What tools do you recommend for text mining? - andresmh

I have a text file with online discussions from a website (about 54 million words) and I would like to do some analysis on it. I have done some basic word frequency counts but I am interested in doing things like clustering to find what are the words that appear together more often. Something like this: http://jcmc.indiana.edu/vol8/issue4/rosen.html#sixth<p>I'm looking for simple free tools that can allow me to do some basic analysis on the text that can give me a basic understanding of the content of the text. I'm familiar with perl and python primarily.<p>Thanks.
======
drallison
You have not specified clearly what result you want.

If you want to apply existing tools to solve particular known problems, you
might want to look at Tony Segaran's Programming Collective Intelligence
(2007) for a survey of the sort of things people have done. Or ask his list
for what kinds of things you want to learn from this data.

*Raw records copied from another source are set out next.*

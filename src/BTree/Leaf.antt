-- ===== src/BTree/Leaf.antt =====
-- lib/sql/btree_page.h, `BTreeLeafPage`: keys with row ids, linked to the neighbouring leaves.
pub mod Insert
pub mod Remove
use relvec_db.Common.{
  ℕ, zero, suc, ◌+◌, ◌-◌, ◌^◌, ◌/◌, Bool, true, false, List, [], ◌∷◌, Option, none, some, ltb, ◌==◌,
  ◌&&◌, if◌then◌else◌,
}
use relvec_db.Common.Int.{ℤ, negsuc}
use relvec_db.Common.Outcome.{
  Outcome, ok, fail, out_of_range, invalid_argument, runtime_error, ◌>>=◌, ◌>>◌, guard,
}
use relvec_db.Row.{Row, RowId, row_eq}
use relvec_db.Comparator.{less, equal, greater, compare_rows}
use relvec_db.BTree.Node.{
  Node, get_key, get_value, set_key, set_value, increase_size, shift_up, shift_down, move_up,
  copy_slots, insert_at, lower_bound_from, check_from,
}

pub record Leaf : Type 0 where
  pub node : Node RowId
  pub previous : ℤ
  pub next : ℤ

-- `InvalidPageIndex`
abbrev pub invalid_page_index : ℤ
invalid_page_index = negsuc 0

-- `calculateMaxKeysSize`: a page of 4096 bytes, a header of 16, and a row id of 8 in each slot.
unfoldable pub calculate_max_keys_size : ℕ → ℕ
calculate_max_keys_size key_size = (4096 - 16) / (8 + key_size)

-- The leaf with another node.
abbrev pub with_node : Leaf → Node RowId → Leaf
with_node p n = record p { node = n }

-- `insertEntry`
unfoldable pub insert_entry : ℕ → Row → RowId → Leaf → Outcome (Bool × Leaf)
unfolding insert_at
insert_entry index key value p =
    if ltb p.node.max_keys (p.node.size + 1)
    then ok (false, p)
    else (do n ← insert_at index key value p.node; ok (true, with_node p n))

-- `lowerBound`
unfoldable pub lower_bound : Row → Leaf → Outcome ℕ
unfolding lower_bound_from
lower_bound key p = lower_bound_from p.node.size 0 key p.node

-- `insert`, which refuses a key that is there already.
unfoldable pub insert : Row → RowId → Leaf → Outcome (Bool × Leaf)
unfolding lower_bound_from get_key increase_size shift_up set_key set_value
insert key value p = if ltb p.node.max_keys (p.node.size + 1) then ok (false, p) else (do
  index ← lower_bound_from p.node.size 0 key p.node
  found ←
      if ltb index p.node.size then (do k ← get_key p.node index; ok (row_eq k key)) else ok false
  guard (if found then false else true) invalid_argument
  let n = increase_size 1 p.node
  n ← shift_up (n.size - 1 - index) index n
  n ← set_key index key n
  n ← set_value index value n
  ok (true, with_node p n))

-- The loop of `lookup`.
unfoldable pub lookup_from : ℕ → ℕ → Row → Leaf → Outcome (Option RowId)
unfolding get_key get_value
lookup_from zero i key p = ok none
lookup_from (suc n) i key p = do
  k ← get_key p.node i
  let rest = lookup_from n (i + 1) key p
  let hit = (do v ← get_value p.node i; ok (some v))
  if row_eq k key then hit else rest

-- `lookup`
unfoldable pub lookup : Row → Leaf → Outcome (Option RowId)
unfolding lookup_from
lookup key p = lookup_from p.node.size 0 key p

-- The first loop of `remove`: the index of the first slot that compares as equal, or the size.
unfoldable pub find_equal : ℕ → ℕ → Row → Leaf → Outcome ℕ
unfolding get_key
find_equal zero i key p = ok i
find_equal (suc n) i key p = do
  k ← get_key p.node i
  c ← compare_rows k key
  let rest = find_equal n (i + 1) key p
  elim c [ equal ↦ ok i | less ↦ rest | greater ↦ rest ]

-- `remove`
unfoldable pub remove : Row → Leaf → Outcome (Bool × Leaf)
unfolding find_equal shift_down increase_size
remove key p = do
  index ← find_equal p.node.size 0 key p
  let gone = (do
    n ← shift_down (p.node.size - 1 - index) index p.node
    ok (true, with_node p (increase_size (2 ^ 32 - 1) n)))
  if index == p.node.size then ok (false, p) else gone

-- `checkCorrectness`. It starts at slot 1.
unfoldable pub check_correctness : Leaf → Outcome (Unit {0})
unfolding check_from
check_correctness p = if p.node.size == 0 then ok tt else check_from (p.node.size - 1 - 1) 1 p.node

-- `split`: this leaf keeps the lower half; the result is its greatest key, then both leaves.
unfoldable pub split : Leaf → Leaf → Outcome (Row × Leaf × Leaf)
unfolding check_correctness increase_size move_up copy_slots get_key
split p rhs = do
  check_correctness rhs
  check_correctness p
  let half_size = p.node.size / 2
  let m = p.node.size - half_size
  let r = increase_size m rhs.node
  r ← move_up r.size m r
  r ← copy_slots m half_size 0 p.node r
  check_correctness (with_node rhs r)
  guard (ltb 0 half_size) out_of_range
  top ← get_key p.node (half_size - 1)
  ok (top, with_node p (record p.node { size = half_size }), with_node rhs r)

If you are wanting to discover new relationships between the various, there
are tools for that as well. See. for example,
[http://people.ischool.berkeley.edu/~hearst/papers/acl99/acl9...](http://people.ischool.berkeley.edu/~hearst/papers/acl99/acl99-tdm.html).
Systems that create knowledge from data by some independent process are still
rare and sketchy.

------
DrJosiah
Gensim has LSI and SVD clustering for data, and is in Python.
<http://nlp.fi.muni.cz/projekty/gensim/>

There is also SVM Lite, which can do much of the same things with potentially
less work from you. I've not used it, so I don't know how well it works.
<http://svmlight.joachims.org/>

------
drallison
A useful survey of algorithms--

Top 10 algorithms in data mining Knowledge and Information Systems archive
Volume 14 , Issue 1 (December 2007) table of contents Pages: 1-37 Year of
Publication: 2007 ISSN:0219-1377

This paper presents the top 10 data mining algorithms identified by the IEEE
International Conference on Data Mining (ICDM) in December 2006: C4.5,
k-Means, SVM, Apriori, EM, PageRank, AdaBoost, kNN, Naive Bayes, and CART.
These top 10 algorithms are among the most influential data mining algorithms
in the research community. With each algorithm, we provide a description of
the algorithm, discuss the impact of the algorithm, and review current and
further research on the algorithm. These 10 algorithms cover classification,
clustering, statistical learning, association analysis, and link mining, which
are all among the most important topics in data mining research and
development.

------
brisance
A lot of resources are in Java.

<http://www.cs.waikato.ac.nz/ml/weka/> <http://rapid-i.com/>

------
Absolute0
NLTK is the best resource if you know python. And nothing beats it!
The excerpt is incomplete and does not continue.